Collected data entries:
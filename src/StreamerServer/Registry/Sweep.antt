-- ===== src/StreamerServer/Registry/Sweep.antt =====
-- What the sweep of main.c does to a record, member by member.
use live_streamer.Common.{
  ◌≡◌, refl, ◌∙◌, subst, List, [], ◌∷◌, Bool, true, Option, none, some, Bool-cases, inl, inr,
  if◌then◌else◌,
}
use live_streamer.Text.{Text, codes, text_eq, eq_of_text_eq}
use live_streamer.Json.{Json}
use live_streamer.Files.{Files, write}
use live_streamer.StreamerServer.Json.{status_key, action_key, off}
use live_streamer.StreamerServer.Trigger.{Entry, switch_off_all}
use live_streamer.StreamerServer.Trigger.Reset.{
  path_of, covers, AllRewritable, AllRewritable-write, switch_off_lem,
}

module _ {Obj : Type 0} ⦃j : Json Obj⦄ where
  -- The record after a sweep that does or does not list its file.
  pub record Switched (listed : Bool) (o : Obj) (x : Option Obj) : Type 0 where
    pub object : Obj
    pub holds : x ≡ some object
    pub same_action : j.get_ex object action_key ≡ j.get_ex o action_key
    pub new_status :
        j.get_ex object status_key ≡ (if listed then some (some off) else j.get_ex o status_key)

  same_object :
      (f : Files Obj) (p q : Text) (o r : Obj)
      → text_eq p q ≡ true
      → f.at q ≡ some o
      → f.at p ≡ some r
      → r ≡ o
  same_object f p q o r e h k =
      let same = eq_of_text_eq p q e in cc (subst (λ x. f.at x ≡ some r) same k)

  -- A record that the sweep has rewritten once stays switched off.
  rewritten-Switched :
      (o : Obj) (x : Option Obj) (listed : Bool)
      → j.is_object o ≡ true
      → Switched listed (j.add o status_key off) x
      → Switched true o x
  unfolding codes text_eq
  rewritten-Switched o x listed h sw = record {
    object = sw.object;
    holds = sw.holds;
    same_action = sw.same_action ∙ j.get_ex-add o status_key off action_key h;
    new_status =
        let first = j.get_ex-add o status_key off status_key h in
        elim (Bool-cases listed) [
          | inl l ↦ sw.new_status ∙ rw l
          | inr l ↦ sw.new_status ∙ rw l first
        ];
  }

  pub switch_off_all-Switched :
      (f : Files Obj) (es : List Entry) (q : Text) (o : Obj)
      → AllRewritable f es
      → f.at q ≡ some o
      → Switched (covers es q) o ((switch_off_all es f).1.at q)
  unfolding switch_off_all covers
  switch_off_all-Switched f [] q o all h = record {
    object = o;
    holds = h;
    same_action = refl;
    new_status = refl;
  }
  switch_off_all-Switched f (e ∷ es) q o all h = elim (Bool-cases e.is_dir) [
    | inl dir ↦ rw dir (switch_off_all-Switched f es q o all.1 h)
    | inr file ↦
        let r = all.0 file in
        let p = path_of e.d_name in
        let o1 = j.add r.object status_key off in
        let all1 =
          AllRewritable-write f p o1 es (j.add-is_object r.object status_key off r.is_object)
            r.can_write all.1 in
        let after = (switch_off_all es (write f p o1)).1.at q in
        let later = λ (x : Obj) (at : (write f p o1).at q ≡ some x).
          switch_off_all-Switched (write f p o1) es q x all1 at in
        elim (Bool-cases (text_eq p q)) [
          | inl same ↦
              rw (file, switch_off_lem f e.d_name r, same)
                (let found : r.object ≡ o = same_object f p q o r.object same h r.holds in
                  rewritten-Switched o after (covers es q)
                    (subst (λ x. j.is_object x ≡ true) found r.is_object)
                    (subst (λ x. Switched (covers es q) (j.add x status_key off) after) found
                      (later o1 (rw same))))
          | inr other ↦ rw (file, switch_off_lem f e.d_name r, other) (later o (rw other h))
        ]
  ]

  -- A file that is not there does not come into being.
  pub switch_off_all_absent :
      (f : Files Obj) (es : List Entry) (q : Text)
      → AllRewritable f es
      → f.at q ≡ none
      → (switch_off_all es f).1.at q ≡ none
  unfolding switch_off_all
  switch_off_all_absent f [] q all h = h
  switch_off_all_absent f (e ∷ es) q all h = elim (Bool-cases e.is_dir) [
    | inl dir ↦ rw dir (switch_off_all_absent f es q all.1 h)
    | inr file ↦
        let r = all.0 file in
        let p = path_of e.d_name in
        let o1 = j.add r.object status_key off in
        let all1 =
          AllRewritable-write f p o1 es (j.add-is_object r.object status_key off r.is_object)
            r.can_write all.1 in
        elim (Bool-cases (text_eq p q)) [
          | inl same ↦
              absurd (cc (subst (λ x. f.at x ≡ some r.object) (eq_of_text_eq p q same) r.holds, h))
          | inr other ↦
              rw (file, switch_off_lem f e.d_name r)
                (switch_off_all_absent (write f p o1) es q all1 (rw other h))
        ]
  ]
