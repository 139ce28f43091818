-- ===== src/StreamerServer/Registry/Answers.antt =====
-- What the answers and the reset of StreamerServer make of the board that its files show.
use live_streamer.Common.{
  ℕ, ◌-◌, ◌<◌, ◌≡◌, refl, ap, ◌∙◌, subst, List, ◌∷◌, length, take, take_all, true, Option, none,
  some, Bool-cases, inl, inr, arith,
}
use live_streamer.Text.{Text, IsCString, IsCString-append, c_string, codes, text_eq}
use live_streamer.Buffer.{Buffer, max_data_size}
use live_streamer.Buffer.Frames.{loaded, loaded-frame, max_data_size_lem}
use live_streamer.Buffer.Reading.{received, text-received, c_string-frame, text-sprintf}
use live_streamer.Json.{Json}
use live_streamer.Files.{Files}
use live_streamer.Sockets.{bytes}
use live_streamer.StreamerServer.State.{State}
use live_streamer.StreamerServer.Json.{stream_id_key, status_key, action_key, off, live, address}
use live_streamer.StreamerServer.Json.Effect.{current, fresh, Usable}
use live_streamer.StreamerServer.Comm.{receive, msg_parse, action_text, done}
use live_streamer.StreamerServer.Comm.Reply.{
  accepts, answered, answered-acked, answered-told, updated, updated-is_object, status-updated,
  action-updated,
}
use live_streamer.StreamerServer.Player.{status_text}
use live_streamer.StreamerServer.Player.Requests.{length-status_text, requested}
use live_streamer.StreamerServer.Trigger.{Entry, switch_off_all}
use live_streamer.StreamerServer.Trigger.Reset.{covers, AllRewritable}
use live_streamer.System.Messages.{length-action_text, action_text-IsCString}
use live_streamer.StreamerServer.Registry.Board.{
  Post, Board, new_board, report, ask, reset, next_board, with_answer, IsName, IsWord, Shows,
  ShowsBoard, write-ShowsBoard, opened-ShowsBoard, current-some, current-fresh,
}
use live_streamer.StreamerServer.Registry.Sweep.{
  Switched, switch_off_all-Switched, switch_off_all_absent,
}
use live_streamer.StreamerServer.Registry.Deeds.{said}

sent_text :
    (t : Text) (buf : Buffer)
    → length buf.cells ≡ max_data_size
    → IsCString t
    → length t < max_data_size
    → c_string (take (max_data_size - 1) (loaded t buf).cells) ≡ t
sent_text t buf size c fits =
    ap c_string (loaded-frame t buf size)
    ∙ c_string-frame t c
    ∙ take_all (max_data_size - 1) t (omega arith)

off-IsWord : IsWord off
unfolding codes
off-IsWord = record { is_c_string = omega arith; is_short = omega arith }

done-IsWord : IsWord done
unfolding codes
done-IsWord = record { is_c_string = omega arith; is_short = omega arith }

live-IsWord : IsWord live
unfolding codes
live-IsWord = record { is_c_string = omega arith; is_short = omega arith }

status_text-IsCString : (id v : Text) → IsCString id → IsCString v → IsCString (status_text id v)
unfolding status_text codes
status_text-IsCString id v hid hv = IsCString-append (codes "{\"streamId\":\"") _ (omega arith) (
    IsCString-append id _ hid (
      IsCString-append (codes "\",\"status\":\"") _ (omega arith)
        (IsCString-append v _ hv (omega arith))))

module _ {Obj : Type 0} ⦃j : Json Obj⦄ where
  -- The state once a message was received, before it is parsed.
  abbrev pub heard : State Obj → List ℕ → State Obj
  heard s bs = record s { numbytes = length bs; temp_buf_s = received bs s.temp_buf_s }

  pub receive_lem :
      (s : State Obj) (bs : List ℕ)
      → length s.temp_buf_s.cells ≡ max_data_size
      → length bs < max_data_size
      → receive (bytes bs) s ≡ msg_parse (c_string bs) (heard s bs)
  unfolding receive
  receive_lem s bs size fits =
      rw (take_all (max_data_size - 1) bs (omega arith), text-received bs s.temp_buf_s size fits)

  updated-Shows :
      (f : Files Obj) (id status : Text) (p : Post)
      → Usable f id
      → IsWord status
      → Shows (current f id) p
      → Shows (updated f id status) (record { status = status; action = p.action })
  updated-Shows f id status p u w h = record {
    has_status = status-updated f id status u;
    has_action = action-updated f id status u ∙ h.has_action;
    status-IsWord = w;
    action-IsWord = h.action-IsWord;
  }

  -- A record whose action was replaced.
  with_action-Shows :
      (o : Obj) (a : Text) (p : Post)
      → j.is_object o ≡ true
      → IsWord a
      → Shows o p
      → Shows (j.add o action_key a) (record { status = p.status; action = a })
  unfolding codes text_eq
  with_action-Shows o a p h w shows = record {
    has_status = j.get_ex-add o action_key a status_key h ∙ shows.has_status;
    has_action = j.get_ex-add o action_key a action_key h;
    status-IsWord = shows.status-IsWord;
    action-IsWord = w;
  }

  pub answered-ShowsBoard :
      (s : State Obj) (b : Board) (id status : Text)
      → Usable s.files id
      → IsName id
      → IsWord status
      → ShowsBoard s.files b
      → ShowsBoard (answered s id status (b id).action).files (next_board (report id status) b)
  unfolding next_board
  answered-ShowsBoard s b id status u n w h =
      let f = s.files in
      let o = updated f id status in
      let shows = updated-Shows f id status (b id) u w (h id n) in
      elim (Bool-cases (accepts status (b id).action)) [
        | inl e ↦
            rw (answered-acked s id status (b id).action e, e)
              (write-ShowsBoard f b id (j.add o action_key done) _ n
                (with_action-Shows o done _ (updated-is_object f id status u) done-IsWord shows) h)
        | inr e ↦
            rw (answered-told s id status (b id).action e, e)
              (write-ShowsBoard f b id o _ n shows h)
      ]

  pub answered-says :
      (s : State Obj) (b : Board) (id status : Text)
      → length s.temp_buf_s.cells ≡ max_data_size
      → IsName id
      → IsWord (b id).action
      → said (answered s id status (b id).action).log
        ≡ with_answer (report id status) b (said s.log)
  unfolding said with_answer codes
  answered-says s b id status size n w =
      let action = (b id).action in
      elim (Bool-cases (accepts status action)) [
        | inl e ↦
            rw (answered-acked s id status action e, e)
              (ap (λ t. t ∷ said s.log)
                (sent_text (codes "ACK") s.temp_buf_s size (omega arith)
                  (omega (arith, max_data_size_lem))))
        | inr e ↦
            rw (answered-told s id status action e, e)
              (ap (λ t. t ∷ said s.log)
                (sent_text (action_text id action) s.temp_buf_s size
                  (action_text-IsCString id action n.is_c_string w.is_c_string)
                  (omega (
                    arith,
                    max_data_size_lem,
                    length-action_text id action,
                    n.is_short,
                    w.is_short,
                  ))))
      ]

  pub requested-ShowsBoard :
      (s : State Obj) (b : Board) (wsi : ℕ) (id action : Text)
      → Usable s.files id
      → IsName id
      → IsWord action
      → ShowsBoard s.files b
      → ShowsBoard (requested s wsi id action (b id).status).files (next_board (ask id action) b)
  unfolding next_board requested
  requested-ShowsBoard s b wsi id action u n w h =
      elim (Bool-cases (text_eq action (codes "status"))) [
        | inl e ↦ rw e (opened-ShowsBoard s.files b id n h)
        | inr e ↦ rw e (
            write-ShowsBoard s.files b id (j.add (current s.files id) action_key action) _ n
              (with_action-Shows (current s.files id) action (b id) u.holds_object w (h id n)) h)
      ]

  pub requested-says :
      (s : State Obj) (b : Board) (wsi : ℕ) (id action : Text)
      → length s.temp_buf_p.cells ≡ max_data_size
      → IsName id
      → IsWord (b id).status
      → said (requested s wsi id action (b id).status).log
        ≡ with_answer (ask id action) b (said s.log)
  unfolding said with_answer requested codes
  requested-says s b wsi id action size n w =
      let status = (b id).status in
      elim (Bool-cases (text_eq action (codes "status"))) [
        | inl e ↦ rw e (
            ap (λ t. t ∷ said s.log)
              (text-sprintf (status_text id status) s.temp_buf_p size
                (status_text-IsCString id status n.is_c_string w.is_c_string)
                (omega (
                  arith,
                  max_data_size_lem,
                  length-status_text id status,
                  n.is_short,
                  w.is_short,
                ))))
        | inr e ↦ rw e (
            ap (λ t. t ∷ said s.log)
              (text-sprintf (codes "ACK") s.temp_buf_p size (omega arith)
                (omega (arith, max_data_size_lem))))
      ]

  Switched-Shows :
      (o : Obj) (x : Option Obj) (p : Post)
      → Switched true o x
      → Shows o p
      → (o' : Obj) × (x ≡ some o') × Shows o' (record { status = off; action = p.action })
  Switched-Shows o x p sw h = (
    sw.object,
    sw.holds,
    record {
      has_status = sw.new_status;
      has_action = sw.same_action ∙ h.has_action;
      status-IsWord = off-IsWord;
      action-IsWord = h.action-IsWord;
    },
  )

  pub fresh-Shows : (id : Text) → Shows (fresh {Obj = Obj} id) (new_board id)
  unfolding fresh new_board codes text_eq
  fresh-Shows id =
      let o1 = j.add j.new_object stream_id_key id in
      let o2 = j.add o1 status_key off in
      let h1 = j.add-is_object j.new_object stream_id_key id j.new_object-is_object in
      let h2 = j.add-is_object o1 status_key off h1 in
      record {
        has_status =
            j.get_ex-add o2 action_key live status_key h2
            ∙ j.get_ex-add o1 status_key off status_key h1;
        has_action = j.get_ex-add o2 action_key live action_key h2;
        status-IsWord = off-IsWord;
        action-IsWord = live-IsWord;
      }

  -- A stream without a file is off as it is.
  fresh-off :
      (id : Text) (p : Post)
      → Shows (fresh {Obj = Obj} id) p
      → Shows (fresh {Obj = Obj} id) (record { status = off; action = p.action })
  unfolding new_board
  fresh-off id p h = record {
    has_status = (fresh-Shows id).has_status;
    has_action = h.has_action;
    status-IsWord = off-IsWord;
    action-IsWord = h.action-IsWord;
  }

  pub swept-ShowsBoard :
      (f : Files Obj) (b : Board) (entries : List Entry)
      → AllRewritable f entries
      → ((p : Text) (o : Obj) → f.at p ≡ some o → covers entries p ≡ true)
      → ShowsBoard f b
      → ShowsBoard (switch_off_all entries f).1 (next_board reset b)
  unfolding next_board
  swept-ShowsBoard f b entries all lists h id n = go (f.at (address id)) refl
    where
      p : Post
      p = b id

      f' : Files Obj
      f' = (switch_off_all entries f).1

      go :
          (x : Option Obj)
          → f.at (address id) ≡ x
          → Shows (current f' id) (record { status = off; action = p.action })
      go none e =
          rw (current-fresh f' id (switch_off_all_absent f entries (address id) all e))
            (fresh-off id p (subst (λ o. Shows o p) (current-fresh f id e) (h id n)))
      go (some o) e =
          let sw =
            subst (λ l. Switched l o (f'.at (address id))) (lists (address id) o e)
              (switch_off_all-Switched f entries (address id) o all e) in
          let (o', at, shows) =
            Switched-Shows o _ p sw (subst (λ x. Shows x p) (current-some f id o e) (h id n)) in
          rw (current-some f' id o' at) shows
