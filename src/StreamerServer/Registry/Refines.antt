-- ===== src/StreamerServer/Registry/Refines.antt =====
-- StreamerServer keeps the board, whatever it is sent and in whatever order.
use live_streamer.Common.{
  ℕ, ◌<◌, ◌≡◌, refl, sym, ap, ◌∙◌, subst, List, [], ◌∷◌, length, Bool, true, Option, none, some, ⊤,
}
use live_streamer.Text.{Text, c_string}
use live_streamer.Buffer.{max_data_size}
use live_streamer.Buffer.Reading.{length-received}
use live_streamer.Machine.{Outcome, ok, pure, >>=-ok}
use live_streamer.Machine.Keeps.{Any, ◌▸◌, Keeps-pure}
use live_streamer.Json.{Json}
use live_streamer.Files.{Files}
use live_streamer.Sockets.{bytes}
use live_streamer.StreamerServer.State.{State}
use live_streamer.StreamerServer.Json.{status_key, action_key, address}
use live_streamer.StreamerServer.Json.Effect.{Usable}
use live_streamer.StreamerServer.Comm.{thread_main, receive}
use live_streamer.StreamerServer.Comm.Reply.{msg_parse_lem}
use live_streamer.StreamerServer.Player
use live_streamer.StreamerServer.Player.{ws_service_callback, status_text}
use live_streamer.StreamerServer.Player.Requests.{ws_service_callback_lem}
use live_streamer.StreamerServer.Trigger.{switch_off_all}
use live_streamer.StreamerServer.Trigger.Reset.{switch_off_all_lem}
use live_streamer.StreamerServer.Registry.{IsRegistry}
use live_streamer.StreamerServer.Registry.Calls.{switch_off_all-Keeps}
use live_streamer.StreamerServer.Registry.Handlers.{
  IsSound, receive-Keeps, ws_service_callback-Keeps, on_files-Keeps,
}
use live_streamer.StreamerServer.Registry.Runs.{
  booted, booted-IsSound, entered-IsSound, current-Usable,
}
use live_streamer.StreamerServer.Registry.Board.{
  Board, new_board, Input, report, ask, next_board, with_answer, board_after, answers_to,
  ShowsBoard, current-fresh,
}
use live_streamer.StreamerServer.Registry.Deeds.{
  said, Deed, request, carry_out, Says, Means, arrives, reports, asks, resets, Serves, idle, serves,
}
use live_streamer.StreamerServer.Registry.Answers.{
  heard, receive_lem, answered-ShowsBoard, answered-says, requested-ShowsBoard, requested-says,
  swept-ShowsBoard, fresh-Shows,
}

module _ {Obj : Type 0} ⦃j : Json Obj⦄ where
  -- What a deed has to do for its input.
  abbrev Fulfils : (Text → Bool) → State Obj → Board → Input → Outcome ⊤ → State Obj → Type 0
  Fulfils rights s b i o s' =
      (o ≡ ok tt)
      × IsSound rights s'
      × ShowsBoard s'.files (next_board i b)
      × (said s'.log ≡ with_answer i b (said s.log))

  module _ (f : Files Obj) (can : (p : Text) → f.writable p ≡ true) (lws_write : Text → Option ℕ)
      (s : State Obj) (b : Board) (sound : IsSound f.writable s)
      (shows : ShowsBoard s.files b) where
    usable : (id : Text) → Usable s.files id
    usable id = current-Usable f s id can sound

    message-Fulfils :
        (bs : List ℕ) (id status : Text)
        → length bs < max_data_size
        → Says j (c_string bs) status_key id status
        → let (o, s') = receive (bytes bs) s in Fulfils f.writable s b (report id status) o s'
    message-Fulfils bs id status fits says =
        let s1 = heard s bs in
        let n = says.id-IsName in
        let post = shows id n in
        let same =
          receive_lem s bs sound.size_s fits
          ∙ msg_parse_lem s1 (c_string bs) id status (b id).action says.parsed says.has_id
              says.has_value (usable id) post.has_action in
        (
          ap (λ r. r.0) same,
          (receive-Keeps f.writable (bytes bs)).after s sound,
          subst (λ r. ShowsBoard r.1.files (next_board (report id status) b)) (sym same)
              (answered-ShowsBoard s1 b id status (usable id) n says.value-IsWord shows),
          ap (λ r. said r.1.log) same
              ∙ answered-says s1 b id status (length-received bs s.temp_buf_s sound.size_s fits) n
                  post.action-IsWord,
        )

    request-Fulfils :
        (wsi : ℕ) (str id action : Text)
        → Says j str action_key id action
        → let (o, s') = carry_out lws_write (request wsi str) s in
          Fulfils f.writable s b (ask id action) o s'
    unfolding carry_out
    request-Fulfils wsi str id action says =
        let n = says.id-IsName in
        let post = shows id n in
        let same =
          >>=-ok (ws_service_callback lws_write (some wsi) Player.receive (some str)) (λ r. pure tt)
            (ws_service_callback_lem s lws_write wsi str id action (b id).status says.parsed
              says.has_id says.has_value (usable id) post.has_status) in
        (
          ap (λ r. r.0) same,
          (ws_service_callback-Keeps f.writable lws_write (some wsi) Player.receive (some str)
                ▸ λ r q. Keeps-pure {Q = Any} tt tt).after
              s sound,
          subst (λ r. ShowsBoard r.1.files (next_board (ask id action) b)) (sym same)
              (requested-ShowsBoard s b wsi id action (usable id) n says.value-IsWord shows),
          ap (λ r. said r.1.log) same
              ∙ requested-says s b wsi id action sound.size_p n post.status-IsWord,
        )

    carry_out-Fulfils :
        (d : Deed) (i : Input)
        → Means s d i
        → let (o, s') = carry_out lws_write d s in Fulfils f.writable s b i o s'
    unfolding carry_out thread_main next_board with_answer
    carry_out-Fulfils d i (arrives sock) =
        (refl, entered-IsSound f.writable sock s sound, shows, refl)
    carry_out-Fulfils d i (reports bs id status fits says) = message-Fulfils bs id status fits says
    carry_out-Fulfils d i (asks wsi str id action says) = request-Fulfils wsi str id action says
    carry_out-Fulfils d i (resets entries all lists) = (
      (switch_off_all_lem s.files entries all).0,
      (on_files-Keeps f.writable (switch_off_all entries)
            (switch_off_all-Keeps f.writable entries)).after
          s sound,
      swept-ShowsBoard s.files b entries all lists shows,
      refl,
    )

  -- The server started on an empty directory.
  booted-ShowsBoard :
      (f : Files Obj) → ((p : Text) → f.at p ≡ none) → ShowsBoard (booted f).files (board_after [])
  unfolding board_after new_board
  booted-ShowsBoard f empty id n = rw (current-fresh f id (empty (address id))) (fresh-Shows id)

  module _ (f : Files Obj) (empty : (p : Text) → f.at p ≡ none)
      (can : (p : Text) → f.writable p ≡ true) (lws_write : Text → Option ℕ) where
    empty-IsRegistry : IsRegistry f.writable f
    empty-IsRegistry = record { all_records = λ p o e. absurd (cc (empty p)); same_rights = refl }

    Serves-Kept :
        {is : List Input} {s : State Obj}
        → Serves lws_write (booted f) is s
        → IsSound f.writable s × ShowsBoard s.files (board_after is) × (said s.log ≡ answers_to is)
    unfolding said answers_to board_after
    Serves-Kept idle =
        (booted-IsSound f.writable f empty-IsRegistry, booted-ShowsBoard f empty, refl)
    Serves-Kept (serves {is} {s'} {d} {i} run means) =
        let (sound, shows, says) = Serves-Kept run in
        let (o, sound', shows', says') =
          carry_out-Fulfils f can lws_write s' (board_after is) sound shows d i means in
        (sound', shows', says' ∙ ap (with_answer i (board_after is)) says)

    -- A server that is started on a directory without status files, all of which can be written,
    -- is the board: after any connections, reports, players' requests and full resets, in any
    -- order, it returns from the next one, its status files show for every stream what the board
    -- then shows, and it has sent the answers of the board, in their order, and nothing else. Each
    -- report comes in by one recv of less than 255 bytes; reports and requests hold a stream and a
    -- status or an action, without NUL bytes, the name of at most 51 bytes and the other of at most
    -- 100; and a reset has listed every status file and nothing else but directories.
    pub carry_out-ShowsBoard :
        {is : List Input} {s : State Obj} (d : Deed) (i : Input)
        → Serves lws_write (booted f) is s
        → Means s d i
        → let (o, s') = carry_out lws_write d s in
          (o ≡ ok tt)
          × ShowsBoard s'.files (board_after (i ∷ is))
          × (said s'.log ≡ answers_to (i ∷ is))
    carry_out-ShowsBoard {is} {s} d i run means =
        let (sound, shows, says) = Serves-Kept run in
        let fulfilled =
          carry_out-Fulfils f can lws_write s (board_after is) sound shows d i means in
        let (_, shows', says') = Serves-Kept (serves run means) in (fulfilled.0, shows', says')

Exercise → Check each line above for the string "arrives" and return those that contain it.

Finished task →
  said, Deed, request, carry_out, Says, Means, arrives, reports, asks, resets, Serves, idle, serves,
    carry_out-Fulfils d i (arrives sock) =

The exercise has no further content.